— What to do —
From the line with "pub record TabScan : Type 0 where" through the line with "abbrev pub push_word : TabScan → TabScan", repeat the entries verbatim, both end lines included, and add nothing.

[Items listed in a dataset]
-- Opening Marker --

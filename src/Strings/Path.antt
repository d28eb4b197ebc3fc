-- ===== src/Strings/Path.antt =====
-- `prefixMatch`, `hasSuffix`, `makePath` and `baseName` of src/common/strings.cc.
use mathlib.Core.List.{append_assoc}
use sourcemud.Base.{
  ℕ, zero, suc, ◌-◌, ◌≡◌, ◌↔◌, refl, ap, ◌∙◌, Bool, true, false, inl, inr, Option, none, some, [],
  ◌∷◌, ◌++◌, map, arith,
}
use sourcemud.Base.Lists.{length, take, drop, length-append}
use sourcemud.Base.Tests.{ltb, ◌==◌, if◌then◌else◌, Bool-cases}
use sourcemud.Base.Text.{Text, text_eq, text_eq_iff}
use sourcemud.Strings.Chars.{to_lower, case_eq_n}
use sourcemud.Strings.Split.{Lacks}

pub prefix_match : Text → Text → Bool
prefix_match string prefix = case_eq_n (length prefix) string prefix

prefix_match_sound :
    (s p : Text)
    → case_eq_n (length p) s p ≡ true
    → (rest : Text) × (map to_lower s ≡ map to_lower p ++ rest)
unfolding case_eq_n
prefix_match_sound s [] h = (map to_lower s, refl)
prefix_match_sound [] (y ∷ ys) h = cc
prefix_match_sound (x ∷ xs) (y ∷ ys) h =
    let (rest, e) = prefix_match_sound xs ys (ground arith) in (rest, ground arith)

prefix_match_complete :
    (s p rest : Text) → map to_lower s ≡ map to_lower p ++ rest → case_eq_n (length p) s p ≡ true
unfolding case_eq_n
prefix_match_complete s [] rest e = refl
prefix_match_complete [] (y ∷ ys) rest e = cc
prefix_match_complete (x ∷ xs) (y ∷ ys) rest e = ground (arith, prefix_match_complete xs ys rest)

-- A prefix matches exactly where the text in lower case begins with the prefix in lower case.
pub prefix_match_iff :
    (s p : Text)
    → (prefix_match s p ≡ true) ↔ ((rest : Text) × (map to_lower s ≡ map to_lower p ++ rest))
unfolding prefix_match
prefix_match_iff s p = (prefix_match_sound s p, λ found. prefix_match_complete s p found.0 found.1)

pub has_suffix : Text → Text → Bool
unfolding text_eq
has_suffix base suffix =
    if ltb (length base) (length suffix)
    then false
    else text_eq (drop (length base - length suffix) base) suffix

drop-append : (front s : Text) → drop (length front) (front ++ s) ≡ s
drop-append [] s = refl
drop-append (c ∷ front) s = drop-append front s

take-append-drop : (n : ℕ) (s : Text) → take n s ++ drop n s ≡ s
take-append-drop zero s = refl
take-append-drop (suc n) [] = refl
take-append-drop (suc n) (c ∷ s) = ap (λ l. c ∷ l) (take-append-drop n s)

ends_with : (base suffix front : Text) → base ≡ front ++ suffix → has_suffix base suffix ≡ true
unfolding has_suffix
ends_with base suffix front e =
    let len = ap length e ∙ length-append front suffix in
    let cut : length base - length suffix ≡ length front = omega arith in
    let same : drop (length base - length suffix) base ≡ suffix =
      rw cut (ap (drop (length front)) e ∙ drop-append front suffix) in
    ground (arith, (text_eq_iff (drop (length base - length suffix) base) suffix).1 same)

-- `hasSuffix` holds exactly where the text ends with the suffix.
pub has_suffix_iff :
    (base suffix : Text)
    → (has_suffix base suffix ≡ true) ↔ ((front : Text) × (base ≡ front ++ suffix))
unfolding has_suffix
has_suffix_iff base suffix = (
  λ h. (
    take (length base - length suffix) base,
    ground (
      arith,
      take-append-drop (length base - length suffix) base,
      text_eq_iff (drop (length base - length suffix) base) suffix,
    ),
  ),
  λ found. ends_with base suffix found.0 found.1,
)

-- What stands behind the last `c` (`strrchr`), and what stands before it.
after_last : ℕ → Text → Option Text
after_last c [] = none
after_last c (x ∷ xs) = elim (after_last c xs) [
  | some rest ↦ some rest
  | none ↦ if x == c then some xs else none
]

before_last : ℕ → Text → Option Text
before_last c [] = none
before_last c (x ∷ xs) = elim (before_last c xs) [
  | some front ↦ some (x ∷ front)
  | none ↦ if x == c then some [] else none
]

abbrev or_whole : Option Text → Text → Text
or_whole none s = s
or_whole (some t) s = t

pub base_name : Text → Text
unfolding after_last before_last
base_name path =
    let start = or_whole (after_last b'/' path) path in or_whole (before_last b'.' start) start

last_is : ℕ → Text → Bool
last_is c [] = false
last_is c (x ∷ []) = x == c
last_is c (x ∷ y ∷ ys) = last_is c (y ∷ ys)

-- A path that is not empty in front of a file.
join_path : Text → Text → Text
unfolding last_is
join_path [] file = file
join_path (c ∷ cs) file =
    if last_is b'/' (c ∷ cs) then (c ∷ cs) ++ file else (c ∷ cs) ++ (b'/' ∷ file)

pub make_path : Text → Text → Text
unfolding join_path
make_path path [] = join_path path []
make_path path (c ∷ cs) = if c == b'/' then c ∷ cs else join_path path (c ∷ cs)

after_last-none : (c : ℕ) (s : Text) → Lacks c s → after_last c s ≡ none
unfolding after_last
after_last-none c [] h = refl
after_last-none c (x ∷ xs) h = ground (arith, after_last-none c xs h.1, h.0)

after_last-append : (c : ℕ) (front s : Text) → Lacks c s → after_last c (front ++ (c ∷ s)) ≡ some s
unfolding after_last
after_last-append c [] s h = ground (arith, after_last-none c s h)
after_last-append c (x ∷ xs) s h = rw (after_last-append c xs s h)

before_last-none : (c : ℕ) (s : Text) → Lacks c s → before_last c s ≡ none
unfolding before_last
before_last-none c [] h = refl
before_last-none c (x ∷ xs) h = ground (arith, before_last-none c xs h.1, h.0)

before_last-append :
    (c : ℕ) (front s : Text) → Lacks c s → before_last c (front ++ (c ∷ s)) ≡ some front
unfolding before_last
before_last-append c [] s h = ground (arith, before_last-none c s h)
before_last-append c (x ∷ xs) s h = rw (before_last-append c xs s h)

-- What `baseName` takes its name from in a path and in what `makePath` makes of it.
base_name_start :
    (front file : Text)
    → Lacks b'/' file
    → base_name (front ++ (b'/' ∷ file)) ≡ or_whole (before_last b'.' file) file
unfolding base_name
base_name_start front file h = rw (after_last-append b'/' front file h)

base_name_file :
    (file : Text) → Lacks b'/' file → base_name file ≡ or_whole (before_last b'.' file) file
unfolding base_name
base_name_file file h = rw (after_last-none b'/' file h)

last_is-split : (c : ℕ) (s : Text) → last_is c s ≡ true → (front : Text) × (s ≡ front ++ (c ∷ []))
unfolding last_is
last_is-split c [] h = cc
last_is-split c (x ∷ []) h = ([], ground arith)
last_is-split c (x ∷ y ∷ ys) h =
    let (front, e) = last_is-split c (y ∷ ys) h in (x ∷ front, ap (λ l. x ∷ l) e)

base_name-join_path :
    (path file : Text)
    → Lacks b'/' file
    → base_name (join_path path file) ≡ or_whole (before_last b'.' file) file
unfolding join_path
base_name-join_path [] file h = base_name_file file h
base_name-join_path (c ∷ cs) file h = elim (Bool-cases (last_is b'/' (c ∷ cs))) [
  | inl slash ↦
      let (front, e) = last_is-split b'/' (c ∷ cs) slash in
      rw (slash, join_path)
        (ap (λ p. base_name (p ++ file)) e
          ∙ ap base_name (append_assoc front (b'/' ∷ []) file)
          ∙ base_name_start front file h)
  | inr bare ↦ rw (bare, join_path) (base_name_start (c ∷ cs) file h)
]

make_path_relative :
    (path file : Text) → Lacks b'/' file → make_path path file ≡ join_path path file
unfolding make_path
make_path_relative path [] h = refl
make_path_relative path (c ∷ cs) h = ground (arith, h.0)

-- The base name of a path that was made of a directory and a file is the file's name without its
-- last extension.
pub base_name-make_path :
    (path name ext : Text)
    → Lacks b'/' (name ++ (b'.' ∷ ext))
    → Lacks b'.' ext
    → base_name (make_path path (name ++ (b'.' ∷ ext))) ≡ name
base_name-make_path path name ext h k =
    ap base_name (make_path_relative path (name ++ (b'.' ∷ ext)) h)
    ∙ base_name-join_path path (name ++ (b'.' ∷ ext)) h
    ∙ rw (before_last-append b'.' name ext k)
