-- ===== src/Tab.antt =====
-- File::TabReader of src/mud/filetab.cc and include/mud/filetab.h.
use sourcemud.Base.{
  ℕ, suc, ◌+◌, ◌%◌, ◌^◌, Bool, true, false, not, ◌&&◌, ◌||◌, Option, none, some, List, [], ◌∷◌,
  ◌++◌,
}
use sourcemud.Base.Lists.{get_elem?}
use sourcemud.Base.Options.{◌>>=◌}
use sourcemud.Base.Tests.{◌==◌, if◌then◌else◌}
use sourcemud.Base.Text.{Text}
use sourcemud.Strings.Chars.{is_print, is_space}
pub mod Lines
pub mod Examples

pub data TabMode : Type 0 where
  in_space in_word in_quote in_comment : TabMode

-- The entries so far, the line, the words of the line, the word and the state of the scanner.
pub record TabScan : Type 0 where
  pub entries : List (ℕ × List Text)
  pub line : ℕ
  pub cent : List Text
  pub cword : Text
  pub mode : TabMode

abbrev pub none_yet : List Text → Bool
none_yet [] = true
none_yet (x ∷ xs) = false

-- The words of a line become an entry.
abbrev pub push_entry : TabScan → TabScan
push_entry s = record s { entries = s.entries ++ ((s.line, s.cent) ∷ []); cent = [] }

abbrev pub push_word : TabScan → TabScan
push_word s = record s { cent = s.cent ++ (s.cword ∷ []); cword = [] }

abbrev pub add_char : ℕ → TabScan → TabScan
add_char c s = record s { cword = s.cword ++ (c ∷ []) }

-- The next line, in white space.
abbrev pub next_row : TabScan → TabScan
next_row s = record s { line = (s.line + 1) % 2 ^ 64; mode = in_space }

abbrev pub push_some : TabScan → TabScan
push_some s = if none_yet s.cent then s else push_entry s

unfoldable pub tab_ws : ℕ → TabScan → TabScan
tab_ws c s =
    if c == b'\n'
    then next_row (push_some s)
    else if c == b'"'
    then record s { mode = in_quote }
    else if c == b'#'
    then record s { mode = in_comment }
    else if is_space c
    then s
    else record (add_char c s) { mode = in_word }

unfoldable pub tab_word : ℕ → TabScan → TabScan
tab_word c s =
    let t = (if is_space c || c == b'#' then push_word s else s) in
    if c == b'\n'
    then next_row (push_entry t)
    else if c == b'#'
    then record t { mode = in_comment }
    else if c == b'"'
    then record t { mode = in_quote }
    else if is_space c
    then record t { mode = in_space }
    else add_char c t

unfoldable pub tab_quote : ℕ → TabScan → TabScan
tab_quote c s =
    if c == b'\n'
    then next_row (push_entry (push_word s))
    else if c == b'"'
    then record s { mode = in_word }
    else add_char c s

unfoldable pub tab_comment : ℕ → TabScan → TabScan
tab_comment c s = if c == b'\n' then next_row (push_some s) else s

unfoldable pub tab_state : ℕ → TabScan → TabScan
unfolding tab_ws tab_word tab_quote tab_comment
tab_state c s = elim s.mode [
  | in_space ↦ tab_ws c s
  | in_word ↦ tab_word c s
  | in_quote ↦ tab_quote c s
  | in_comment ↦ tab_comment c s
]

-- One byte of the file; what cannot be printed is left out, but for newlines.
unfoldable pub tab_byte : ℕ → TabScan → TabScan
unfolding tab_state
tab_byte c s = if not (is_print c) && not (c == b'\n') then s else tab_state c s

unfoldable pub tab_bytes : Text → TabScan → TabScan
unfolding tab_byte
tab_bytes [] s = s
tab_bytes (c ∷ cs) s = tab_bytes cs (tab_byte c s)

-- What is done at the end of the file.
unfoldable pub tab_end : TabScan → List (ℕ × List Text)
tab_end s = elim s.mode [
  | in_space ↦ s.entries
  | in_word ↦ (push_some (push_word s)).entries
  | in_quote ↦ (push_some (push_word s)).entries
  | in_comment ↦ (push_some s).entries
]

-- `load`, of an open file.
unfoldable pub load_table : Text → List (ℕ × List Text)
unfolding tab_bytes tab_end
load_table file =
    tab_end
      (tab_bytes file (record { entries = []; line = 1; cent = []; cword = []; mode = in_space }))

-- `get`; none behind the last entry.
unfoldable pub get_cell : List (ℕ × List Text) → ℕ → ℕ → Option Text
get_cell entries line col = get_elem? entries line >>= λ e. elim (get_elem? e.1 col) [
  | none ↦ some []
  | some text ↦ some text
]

-- Closing Marker --

— Answer to this task —
pub record TabScan : Type 0 where
  pub entries : List (ℕ × List Text)
  pub line : ℕ
  pub cent : List Text
  pub cword : Text
  pub mode : TabMode

abbrev pub none_yet : List Text → Bool
none_yet [] = true
none_yet (x ∷ xs) = false

-- The words of a line become an entry.
abbrev pub push_entry : TabScan → TabScan
push_entry s = record s { entries = s.entries ++ ((s.line, s.cent) ∷ []); cent = [] }

abbrev pub push_word : TabScan → TabScan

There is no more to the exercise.